Выжимаю педаль в пол, вжимаясь в сиденье и пригнув голову. В голове мелькает – господи помоги, гос-споди, рано нам ещё!!! Спиной, задницей, каждой клеточкой тела чувствую, как пули с тупым звуком рвут жесть машины, и она начинает терять скорость, заваливаясь влево, словно подранок с перешибленной лапой.

– Тяни, Малыш, тяни!

Вдруг рядом что-то сверкнуло и наступила темнота…

Айвар 16 апреля, вечер

Как добрались до дачи, если честно, не знаю. Всё как в тумане. Даже как от этих четверых отстрелялся – не помню, хоть убейте. Первых двух снял ещё до остановки, удачно приложил, а как с оставшимися разбирался – выпало из памяти. Только очнулся – слышу, как металл остывая, щёлкает и Робби, весь в крови, завалился грудью на дверь. А ведь он успел остановить машину, удержал её на дороге, иначе ушли бы в кювет и всё, пиши письма мелким почерком. Обе машины в хлам, мертвых отморозков даже не обыскивал – не до этого было. Контроль только сделал, чтобы не обратились, и всё. Наскоро перевязал Роберта, закинул на спину и понёс. Последние несколько километров на руках тащил, думал – или рожу, или сдохну. Уже на подходе к дачам встретился с бандосами. На наше счастье, они к соседям ездили, оброк собирали. Как машину услышал, решил, что по наши души едут. Главное, не столько страшно, сколько обидно, ведь почти дошёл, и на тебе – умирать подано! Пока место присмотрел, где бы завалиться поудобнее, пострелять напоследок, среди деревьев знакомая машина мелькнула – видел её, когда Клинику штурмовали. Повезло нам – через полчаса были на даче, а еще через час примчался Линас, Док со своими инструментами, а с ними пять человек охраны. Видно, дело, которое утром с Эдгаром обсуждали, сильно их заинтересовало, раз так быстро прилетели. Чёрт с ними, главное, помогли бы. Аста, дуреха такая, ведь врач, а Робку увидела – и всё, ушла в ступор! Пока не тряхнул хорошо, выла, как по мёртвому. Потом, по приказу Лёшки, грели воду, женщины тащили какие-то тряпки, ставили свет. Где-то через два часа Док вышел и что-то начал бурчать себе под нос. Попросил горячей воды и ушёл мыться в баню.

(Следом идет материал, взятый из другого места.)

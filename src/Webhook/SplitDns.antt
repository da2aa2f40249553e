-- ===== src/Webhook/SplitDns.antt =====
-- internal/webhook/split_dns.go: the DNS configuration of a pod.
use gopher_cni.Prelude.{
  Option, none, some, List, [], ◌∷◌, ◌++◌, if◌then◌else◌, Result, ok, err, ◌>>=◌, wrap,
}
use gopher_cni.Go.Text.{Text, codes, is_empty, split, trim_space, trim_suffix_code}
use gopher_cni.Go.Dict.{get_or_empty}
use gopher_cni.Go.Ip.{Ip, to4}
use gopher_cni.Go.ShowIp.{show_ip}
use gopher_cni.Cni.{annotation_wg_conf_secret, annotation_split_tunnel_dns_zones}
use gopher_cni.Kubernetes.{
  Pod, Volume, empty_dir, Clientset, KubeError, get_service_cluster_ip, DnsConfig,
}
use gopher_cni.Wireguard.Parser.{Decoders}
use gopher_cni.Webhook.Types.{
  PatchOperation, add, replace, volumes, volumes_end, init_containers_end, containers_end,
  dns_policy, dns_config, volume_list, volume, container, policy, pod_dns_config, WebhookConfig,
  FetchError, fetch_wg_config, has_container, create_core_dns_config_init_container,
  create_core_dns_sidecar_container, core_dns_container_name, core_dns_volume_name,
}

-- The errors of createDNSPatches. `nil_client` is a call through a nil client, which panics.
pub data DnsError : Type 0 where
  dns_fetch_failed : FetchError → DnsError
  cluster_dns_failed : KubeError → DnsError
  container_exists : DnsError
  nil_client : DnsError

-- the IPv4 servers, in dotted form
unfoldable pub v4_servers : List Ip → List Text
v4_servers [] = []
v4_servers (ip ∷ ips) =
    let rest = v4_servers ips in elim (to4 ip) [ none ↦ rest | some _ ↦ show_ip ip ∷ rest ]

-- the loop of parseDNSZones
unfoldable pub zones_of : List Text → List Text
zones_of [] = []
zones_of (raw ∷ rest) =
    let z = trim_suffix_code b'.' (trim_space raw) in
    let later = zones_of rest in if is_empty z then later else z ∷ later

-- parseDNSZones
unfoldable pub parse_dns_zones : Text → List Text
unfolding zones_of
parse_dns_zones raw = zones_of (split b',' raw)

-- the block of one zone, with what ends it
unfoldable pub zone_block : Text → Text → Text → Text
zone_block zone server end =
    zone ++ (codes " {\n    forward . " ++ (server ++ (codes "\n    log\n}\n" ++ end)))

zone_blocks : List Text → Text → Text
unfolding zone_block
zone_blocks [] cluster_dns_ip = []
zone_blocks (zone ∷ zones) cluster_dns_ip =
    zone_block zone cluster_dns_ip (codes "\n") ++ zone_blocks zones cluster_dns_ip

-- generateCorefile
unfoldable pub generate_corefile : List Text → Text → Text → Text
unfolding zone_blocks
generate_corefile zones cluster_dns_ip tunnel_dns_ip =
    zone_blocks zones cluster_dns_ip
    ++ (if is_empty tunnel_dns_ip then [] else zone_block (codes ".") tunnel_dns_ip (codes ""))

abbrev pub first_or_empty : List Text → Text
first_or_empty [] = codes ""
first_or_empty (s ∷ ss) = s

abbrev pub core_dns_volume : Volume
core_dns_volume = record { name = core_dns_volume_name; source = empty_dir }

unfoldable pub volume_patch : List Volume → PatchOperation
volume_patch [] = record { op = add; path = volumes; value = volume_list (core_dns_volume ∷ []) }
volume_patch (v ∷ vs) = record { op = add; path = volumes_end; value = volume core_dns_volume }

-- corev1.PodDNSConfig{Nameservers: servers}
abbrev pub only_nameservers : List Text → DnsConfig
only_nameservers servers = record { nameservers = servers; searches = []; options = [] }

-- Point the pod at these nameservers.
unfoldable pub nameserver_patches : List Text → List PatchOperation
nameserver_patches servers =
    (record { op = replace; path = dns_policy; value = policy (codes "None") })
    ∷ (record { op = add; path = dns_config; value = pod_dns_config (only_nameservers servers) })
    ∷ []

unfoldable pub cluster_ip : Option Clientset → Result DnsError Text
cluster_ip none = err nil_client
cluster_ip (some client) =
    wrap cluster_dns_failed (get_service_cluster_ip client (codes "kube-system") (codes "kube-dns"))

-- Standard tunnel DNS.
unfoldable pub tunnel_dns_patches : List Text → List PatchOperation
unfolding nameserver_patches
tunnel_dns_patches [] = []
tunnel_dns_patches (s ∷ ss) = nameserver_patches (s ∷ ss)

module _ (c : WebhookConfig) where
  -- The patches of the sidecar, in order.
  unfoldable pub sidecar_patches : Pod → Text → List PatchOperation
  unfolding volume_patch
  sidecar_patches pod corefile =
      volume_patch pod.spec.volumes
      ∷ (record {
        op = add;
        path = init_containers_end;
        value = container (create_core_dns_config_init_container c corefile);
      })
      ∷ (record {
        op = add;
        path = containers_end;
        value = container (create_core_dns_sidecar_container c);
      })
      ∷ nameserver_patches (codes "127.0.0.1" ∷ [])

module _ (d : Decoders) (c : WebhookConfig) where
  -- getTunnelDNSServers
  unfoldable pub get_tunnel_dns_servers : Text → Text → Result FetchError (List Text)
  get_tunnel_dns_servers namespace secret_name = do
    wg_config ← fetch_wg_config d c namespace secret_name
    ok (v4_servers wg_config.dns)

  -- createSplitDNSPatches
  unfoldable pub create_split_dns_patches :
      Pod → Text → List Text → Result DnsError (List PatchOperation)
  unfolding cluster_ip
  create_split_dns_patches pod split_zones_raw tunnel_dns_servers = do
    cluster_dns_ip ← cluster_ip c.kube_client
    if has_container pod.spec.containers core_dns_container_name
        then err container_exists
        else ok (
            sidecar_patches c pod (
              generate_corefile (parse_dns_zones split_zones_raw) cluster_dns_ip
                (first_or_empty tunnel_dns_servers)))

  -- createDNSPatches
  unfoldable pub create_dns_patches : Pod → Result DnsError (List PatchOperation)
  create_dns_patches pod = do
    servers ← wrap dns_fetch_failed (
        get_tunnel_dns_servers pod.namespace
          (get_or_empty annotation_wg_conf_secret pod.annotations))
    let zones = get_or_empty annotation_split_tunnel_dns_zones pod.annotations
    if is_empty zones
        then ok (tunnel_dns_patches servers)
        else create_split_dns_patches pod zones servers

Ещё когда шла операция, подошёл Линас и отвёл меня в сторону:

– Айвар, понимаю, что ситуация сложилась не в нашу пользу, но поверь, это не мои люди.

– Верю, – я отбросил сигарету и вытащил новую. – Нахер было бы огород городить, засаду делать, если мы и так у вас в гостях были. Причём безоружные. Могли сразу и разобраться, по-тихому. Какие-нибудь мысли есть?

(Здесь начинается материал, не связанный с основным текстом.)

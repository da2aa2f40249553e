-- ===== src/Webhook/Mutate.antt =====
-- internal/webhook/mutate.go: the mutating webhook.
pub mod Patching
pub mod Outcome
use gopher_cni.Prelude.{
  Option, none, some, List, [], ◌∷◌, ◌++◌, if◌then◌else◌, Result, ok, err, ◌>>=◌,
}
use gopher_cni.Go.Text.{Text, is_empty}
use gopher_cni.Go.Dict.{get_or_empty}
use gopher_cni.Cni.{annotation_wg_conf_secret}
use gopher_cni.Kubernetes.{Pod, Container}
use gopher_cni.Wireguard.Parser.{Decoders}
use gopher_cni.Webhook.Types.{
  PatchOperation, add, init_containers, init_containers_end, container_list, container,
  WebhookConfig, has_container, create_init_container, init_container_name,
}
use gopher_cni.Webhook.Admission.{
  Codec, AdmissionRequest, AdmissionResponse, Prepared, process, early, prepare_pod, allow,
  allow_with, deny, missing_annotation, patches_failed, marshal_failed, value_required,
}
use gopher_cni.Webhook.SplitDns.{DnsError, create_dns_patches}

module _ (c : WebhookConfig) where
  unfoldable pub init_patch : List Container → PatchOperation
  init_patch [] = record {
    op = add;
    path = init_containers;
    value = container_list (create_init_container c ∷ []);
  }
  init_patch (x ∷ xs) = record {
    op = add;
    path = init_containers_end;
    value = container (create_init_container c);
  }

  -- createInitContainerPatches, whose error is always nil
  unfoldable pub create_init_container_patches : Pod → List PatchOperation
  unfolding init_patch
  create_init_container_patches pod =
      if has_container pod.spec.init_containers init_container_name
      then []
      else init_patch pod.spec.init_containers ∷ []

module _ (d : Decoders) (c : WebhookConfig) where
  -- createPatches
  unfoldable pub create_patches : Pod → Result DnsError (List PatchOperation)
  create_patches pod = do
    dns_patches ← create_dns_patches d c pod
    ok (create_init_container_patches c pod ++ dns_patches)

  unfoldable pub marshalled : Option Text → AdmissionResponse
  marshalled none = deny marshal_failed 500 []
  marshalled (some patch) = allow_with patch

  unfoldable pub patched : Codec → Result DnsError (List PatchOperation) → AdmissionResponse
  unfolding marshalled
  patched codec (err e) = deny patches_failed 500 []
  patched codec (ok []) = allow
  patched codec (ok (p ∷ ps)) = marshalled (codec.encode_patches (p ∷ ps))

  unfoldable pub mutate_prepared : Codec → Prepared → AdmissionResponse
  unfolding patched
  mutate_prepared codec (early response) = response
  mutate_prepared codec (process pod) =
      if is_empty (get_or_empty annotation_wg_conf_secret pod.annotations)
      then deny missing_annotation 422 (value_required annotation_wg_conf_secret ∷ [])
      else patched codec (create_patches pod)

  -- (*MutateHandler).mutate
  unfoldable pub mutate : Codec → AdmissionRequest → AdmissionResponse
  unfolding mutate_prepared
  mutate codec req = mutate_prepared codec (prepare_pod codec req)
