-- ===== src/Webhook/Validate.antt =====
-- internal/webhook/validate.go: the validating webhook.
pub mod Overlap
use gopher_cni.Prelude.{
  Bool, true, false, not, ◌||◌, Option, none, some, List, [], ◌∷◌, ◌++◌, leb, if◌then◌else◌, Result,
  ok, err, map,
}
use gopher_cni.Go.Text.{Text, codes, text_eq, is_empty, split, trim_space}
use gopher_cni.Go.Dict.{Dict, get_or_empty}
use gopher_cni.Go.Ip.{IpNet, contains}
use gopher_cni.Go.ParseIp.{parse_cidr}
use gopher_cni.Cni.{
  annotation_wg_conf_secret, annotation_cni_mode, annotation_split_tunnel_cidrs,
  annotation_split_tunnel_overlap, mode_pod_origin, mode_host_origin,
}
use gopher_cni.Kubernetes.{PodSpec}
use gopher_cni.Wireguard.{Config, protected_nets}
use gopher_cni.Wireguard.Parser.{Decoders}
use gopher_cni.Webhook.Types.{
  ValidationError, Message, missing_secret, invalid_mode, invalid_overlap, invalid_split_cidr,
  bypasses, overlaps, host_network_used, WebhookConfig, FetchError, fetch_wg_config,
}
use gopher_cni.Webhook.Admission.{
  Codec, AdmissionRequest, AdmissionResponse, Prepared, process, early, prepare_pod, allow, deny,
  validation_failed, value_invalid,
}

abbrev pub error_at : Text → Message → ValidationError
error_at field message = record { field = field; message = message }

-- The annotation's networks, and an error for each of its tokens that is none.
pub record Splits : Type 0 where
  pub errors : List ValidationError
  pub nets : List IpNet

add_split : Text → Option IpNet → Splits → Splits
add_split s none r = record r {
  errors = error_at annotation_split_tunnel_cidrs (invalid_split_cidr s) ∷ r.errors;
}
add_split s (some n) r = record r { nets = n ∷ r.nets }

-- The first loop of validateSplitTunnelOverlap.
unfoldable pub parse_splits : List Text → Splits
unfolding add_split
parse_splits [] = record { errors = []; nets = [] }
parse_splits (raw ∷ rest) =
    let s = trim_space raw in
    let later = parse_splits rest in if is_empty s then later else add_split s (parse_cidr s) later

-- Some address lies in both networks, as the code tests it.
unfoldable pub overlap : IpNet → IpNet → Bool
overlap split prot = contains split prot.ip || contains prot split.ip

-- The body of the inner loop.
unfoldable pub pair_errors : Bool → IpNet → IpNet → List ValidationError
unfolding overlap
pair_errors overlap_allowed split prot =
    if not (overlap split prot)
    then []
    else if leb prot.ones split.ones
    then error_at annotation_split_tunnel_cidrs (bypasses split prot) ∷ []
    else if not overlap_allowed
    then error_at annotation_split_tunnel_cidrs (overlaps split prot) ∷ []
    else []

unfoldable pub split_errors : Bool → IpNet → List IpNet → List ValidationError
split_errors overlap_allowed split [] = []
split_errors overlap_allowed split (prot ∷ prots) =
    pair_errors overlap_allowed split prot ++ split_errors overlap_allowed split prots

-- The second loop of validateSplitTunnelOverlap.
unfoldable pub overlap_errors : Bool → List IpNet → List IpNet → List ValidationError
unfolding split_errors
overlap_errors overlap_allowed [] prots = []
overlap_errors overlap_allowed (split ∷ splits) prots =
    split_errors overlap_allowed split prots ++ overlap_errors overlap_allowed splits prots

unfoldable pub overlap_allowed : Dict → Bool
overlap_allowed annotations =
    text_eq (get_or_empty annotation_split_tunnel_overlap annotations) (codes "allow")

-- A secret that cannot be read, or does not parse, leaves nothing to check against.
check_fetched : Dict → List IpNet → Result FetchError Config → List ValidationError
unfolding overlap_allowed
check_fetched annotations splits (err e) = []
check_fetched annotations splits (ok config) =
    overlap_errors (overlap_allowed annotations) splits (protected_nets config)

abbrev is_nil {ℓ} : {A : Type ℓ} → List A → Bool
is_nil [] = true
is_nil (x ∷ xs) = false

abbrev pub is_present {ℓ} : {A : Type ℓ} → Option A → Bool
is_present none = false
is_present (some a) = true

unfoldable pub secret_errors : Dict → List ValidationError
secret_errors annotations =
    if is_empty (get_or_empty annotation_wg_conf_secret annotations)
    then error_at annotation_wg_conf_secret missing_secret ∷ []
    else []

unfoldable pub mode_errors : Text → List ValidationError
mode_errors mode =
    if is_empty mode || text_eq mode mode_pod_origin || text_eq mode mode_host_origin
    then []
    else error_at annotation_cni_mode (invalid_mode mode) ∷ []

unfoldable pub overlap_value_errors : Text → List ValidationError
overlap_value_errors value =
    if is_empty value || text_eq value (codes "allow")
    then []
    else error_at annotation_split_tunnel_overlap (invalid_overlap value) ∷ []

unfoldable pub host_network_errors : PodSpec → List ValidationError
host_network_errors spec =
    if spec.host_network
    then error_at (codes "spec.template.spec.hostNetwork") host_network_used ∷ []
    else []

unfoldable pub verdict : List ValidationError → AdmissionResponse
verdict [] = allow
verdict (e ∷ es) = deny (validation_failed (e ∷ es)) 422 (map value_invalid (e ∷ es))

module _ (d : Decoders) (c : WebhookConfig) where
  -- validateSplitTunnelOverlap
  unfoldable pub validate_split_tunnel_overlap : Text → Text → Text → Dict → List ValidationError
  unfolding check_fetched
  validate_split_tunnel_overlap namespace split_cidrs_raw secret_name annotations =
      let r = parse_splits (split b',' split_cidrs_raw) in
      if is_nil r.errors
      then check_fetched annotations r.nets (fetch_wg_config d c namespace secret_name)
      else r.errors

  unfoldable pub split_tunnel_errors : Text → Dict → List ValidationError
  split_tunnel_errors namespace annotations =
      let split_cidrs = get_or_empty annotation_split_tunnel_cidrs annotations in
      let secret_name = get_or_empty annotation_wg_conf_secret annotations in
      if is_empty split_cidrs || is_empty secret_name || not (is_present c.kube_client)
      then []
      else validate_split_tunnel_overlap namespace split_cidrs secret_name annotations

  -- validatePodSpec. A value that is missing and an empty one are treated alike by every test.
  unfoldable pub validate_pod_spec : Text → PodSpec → Dict → List ValidationError
  validate_pod_spec namespace spec annotations =
      secret_errors annotations
      ++ (mode_errors (get_or_empty annotation_cni_mode annotations)
          ++ (overlap_value_errors (get_or_empty annotation_split_tunnel_overlap annotations)
              ++ (split_tunnel_errors namespace annotations ++ host_network_errors spec)))

  unfoldable pub validate_prepared : Prepared → AdmissionResponse
  unfolding verdict
  validate_prepared (early response) = response
  validate_prepared (process pod) =
      verdict (validate_pod_spec pod.namespace pod.spec pod.annotations)

  -- (*ValidateHandler).validate
  unfoldable pub validate : Codec → AdmissionRequest → AdmissionResponse
  unfolding validate_prepared
  validate codec req = validate_prepared (prepare_pod codec req)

– Нет. Мы, когда сюда ехали, тормознули на несколько минут. Это не деловые. Партаков[1], даже модных, на телах нет. В хорошей физической форме, лет от двадцати пяти до тридцати. Оружие хорошее. Один Калашников и два G-36. И ещё, – Линас задумчиво щелкнул пальцами, – они какие-то безликие, словно из инкубатора.

– Думаешь, военные?

– Вполне могут быть, – он зло прищурился. – Где они вас поджидали?

– У поворота на ракетную базу.

– Что они там делать могли?

– Чёрт знает, может, искали что-нибудь?

– Может быть, того самого уцелевшего в бою вояку? – Линас пристально посмотрел на меня.

Я промолчал. Хрен тебе, а не информация. Доверять такие вещи – себе дороже. Хотя он прав, искали наверняка Каролиса. А там ведь рядом хутор… Вида? Блин, ведь могли и найти! Чёрт, как всё не вовремя…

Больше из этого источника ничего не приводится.